I'm interested in buying a turn of the (last) century safety frame.  I'm not too picky at this point.  I kind of just want to see what's available and go from there.  Thanks.


----------



## ace (Apr 7, 2010)

Boys or girls frame? Price range?
Ace.


----------



## slowroller1842 (Apr 7, 2010)

A boys frame.  Ideally i'm looking for something under $200.  I guess I should educate myself more on these bikes. (I'm a prewar balloon guy that's branching out) Are there any goods books out there on this era of bikes?  I've learned a few things from the book American Bicycles and also from browsing the Copake site.  I've seen some cool smaller racer/track type frames with original paint and badges in this price range but I'm not sure how common that is. A fairly complete bike would be considered as well.

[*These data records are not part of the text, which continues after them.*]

-- ===== src/Tests/Shelves.antt =====
-- Tests of the updates of internal/growthbook on stores in memory.
use k8sgrowthbook_controller.Prelude.{◌≡◌, some, none, [], ◌∷◌, str}
use k8sgrowthbook_controller.Prelude.Dict.{Dict, lookup}
use k8sgrowthbook_controller.Documents.User.{User}
use k8sgrowthbook_controller.Documents.Organization.{Organization}
use k8sgrowthbook_controller.Documents.Feature.{empty_feature}
use k8sgrowthbook_controller.Documents.SdkConnection.{SdkConnection}
use k8sgrowthbook_controller.Effects.Runs.{run, returned}
use k8sgrowthbook_controller.Growthbook.User.{users, update_user}
use k8sgrowthbook_controller.Growthbook.Organization.{organizations, update_organization}
use k8sgrowthbook_controller.Growthbook.Feature.{features, update_feature}
use k8sgrowthbook_controller.Growthbook.SdkConnection.{sdk_connections, update_sdk_connection}
use k8sgrowthbook_controller.Refinement.Shelf.{Lands}
use k8sgrowthbook_controller.Refinement.Users.{
  update_user_refines, update_user_settles, upserted_user,
}
use k8sgrowthbook_controller.Refinement.Organizations.{
  update_organization_refines, update_organization_settles, AfterOrganization,
}
use k8sgrowthbook_controller.Refinement.Features.{update_feature_refines, AfterFeature}
use k8sgrowthbook_controller.Refinement.Connections.{update_sdk_connection_settles}
use k8sgrowthbook_controller.Tests.Writing.{converted}
use k8sgrowthbook_controller.Tests.Encodings.{user_codec, organization_codec, connection_codec}
use k8sgrowthbook_controller.Tests.Memory.{
  refused, encode_by, user_memory, organization_memory, connection_memory, user_memory-IsShelf,
  organization_memory-IsShelf, read_back, connection_memory-IsShelf,
  connection_memory-IsPayloadCache,
}
use k8sgrowthbook_controller.Prelude.{true}
use k8sgrowthbook_controller.Tests.Shuffling.{
  Shuffled, shuffling, shuffled_of, shuffling-IsFeatureShelf,
}
use k8sgrowthbook_controller.Tests.Fixtures.{externals, db, user_ann, organization_acme}
use k8sgrowthbook_controller.Tests.Fixtures.{connection_web, dark_mode, existing_dark_mode}
use k8sgrowthbook_controller.Tests.Fixtures.{feature_dark_mode}

-- The store holds Ann under another name.
abbrev ann_renamed : Dict User
ann_renamed = (str "ann", record user_ann { name = str "Ann" }) ∷ []

update_user_refines_example :
    Lands lookup
      (str "ann")
      (λ v. v ≡ upserted_user user_ann (lookup (str "ann") ann_renamed))
      ann_renamed
      (run user_memory (update_user user_ann db) ann_renamed)
update_user_refines_example =
    update_user_refines db user_memory refused (encode_by user_codec) lookup
      (user_memory-IsShelf (users db)) user_ann ann_renamed

update_user_settles_example :
    let t = (run user_memory (update_user user_ann db) ann_renamed).1 in
    run user_memory (update_user user_ann db) t ≡ (returned tt, t)
update_user_settles_example =
    update_user_settles db user_memory refused (encode_by user_codec) lookup
      (user_memory-IsShelf (users db)) user_ann ann_renamed

-- The store holds the organization with a member, of an earlier date.
abbrev acme_with_member : Dict Organization
acme_with_member =
    (
      str "acme",
      record organization_acme {
        name = str "Acme";
        date_created = 3;
        members = some (record { id = str "u1"; role = str "admin" } ∷ []);
      },
    )
    ∷ []

update_organization_refines_example :
    Lands lookup
      (str "acme")
      (AfterOrganization organization_acme (lookup (str "acme") acme_with_member))
      acme_with_member
      (run organization_memory (update_organization organization_acme db) acme_with_member)
update_organization_refines_example =
    update_organization_refines db organization_memory refused (encode_by organization_codec) lookup
      (organization_memory-IsShelf (organizations db)) organization_acme acme_with_member

update_organization_settles_example :
    let t =
      (run organization_memory (update_organization organization_acme db) acme_with_member).1 in
    run organization_memory (update_organization organization_acme db) t ≡ (returned tt, t)
update_organization_settles_example =
    update_organization_settles db organization_memory refused (encode_by organization_codec) lookup
      (organization_memory-IsShelf (organizations db)) organization_acme acme_with_member

-- The store holds the connection with another name.
abbrev web_renamed : Dict SdkConnection
web_renamed = (str "web", record connection_web { name = str "Web"; date_created = 3 }) ∷ []

update_sdk_connection_settles_example :
    let t = (run connection_memory (update_sdk_connection connection_web db) web_renamed).1 in
    run connection_memory (update_sdk_connection connection_web db) t ≡ (returned tt, t)
update_sdk_connection_settles_example =
    update_sdk_connection_settles db connection_memory refused (encode_by connection_codec) lookup
      (connection_memory-IsShelf (sdk_connections db)) connection_memory-IsPayloadCache
      connection_web web_renamed

-- The store holds the feature as GrowthBook has changed it, and marshals it in another order next.
abbrev dark_mode_changed : Shuffled
dark_mode_changed = ((str "dark-mode", existing_dark_mode) ∷ [], true)

update_feature_refines_example :
    Lands shuffled_of
      (str "dark-mode")
      (AfterFeature feature_dark_mode (shuffled_of (str "dark-mode") dark_mode_changed))
      dark_mode_changed
      (run shuffling (update_feature feature_dark_mode db) dark_mode_changed)
update_feature_refines_example =
    update_feature_refines db shuffling refused read_back shuffled_of
      (shuffling-IsFeatureShelf (features db)) externals.parse_float empty_feature feature_dark_mode
      (dark_mode none) converted dark_mode_changed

Thanks.


----------



## ace (Apr 8, 2010)

I have an early 1890s boys frame with some extras on it but it's above your price range ($350). I also have a complete 1897 boys bike (no headbadge) with adjustable handle bars, cained seat, rat trap peddles, large sprocket, and wood wheels ($650). I like prewar balloon bikes and like to trade also. email me for pics if your interested. 
Thanks!
Ace


----------



## slowroller1842 (Apr 12, 2010)

Thanks ace. I'd love to see some pics.  PM sent.


----------



## ace (Apr 13, 2010)

1897 bike


----------



## ace (Apr 13, 2010)

1897 cained seat.


----------



## ace (Apr 13, 2010)

1897 Adjustable bars.


----------



## ohdeebee (May 18, 2010)

Also looking for an old safety bike. Mens. Preferably pre-1900 but am open to other options. Sorry about hijacking the post!


----------



## mre straightbar (May 18, 2010)

so im curious if we ike these bikes and want to stick with period correct parts does that mean we have to ride in period correct garb?


----------



## ohdeebee (May 19, 2010)

mre straightbar said:


> so im curious if we ike these bikes and want to stick with period correct parts does that mean we have to ride in period correct garb?




I'm working with a local seamstress to see what she can do about that little issue. It just seems like the right thing to do.


----------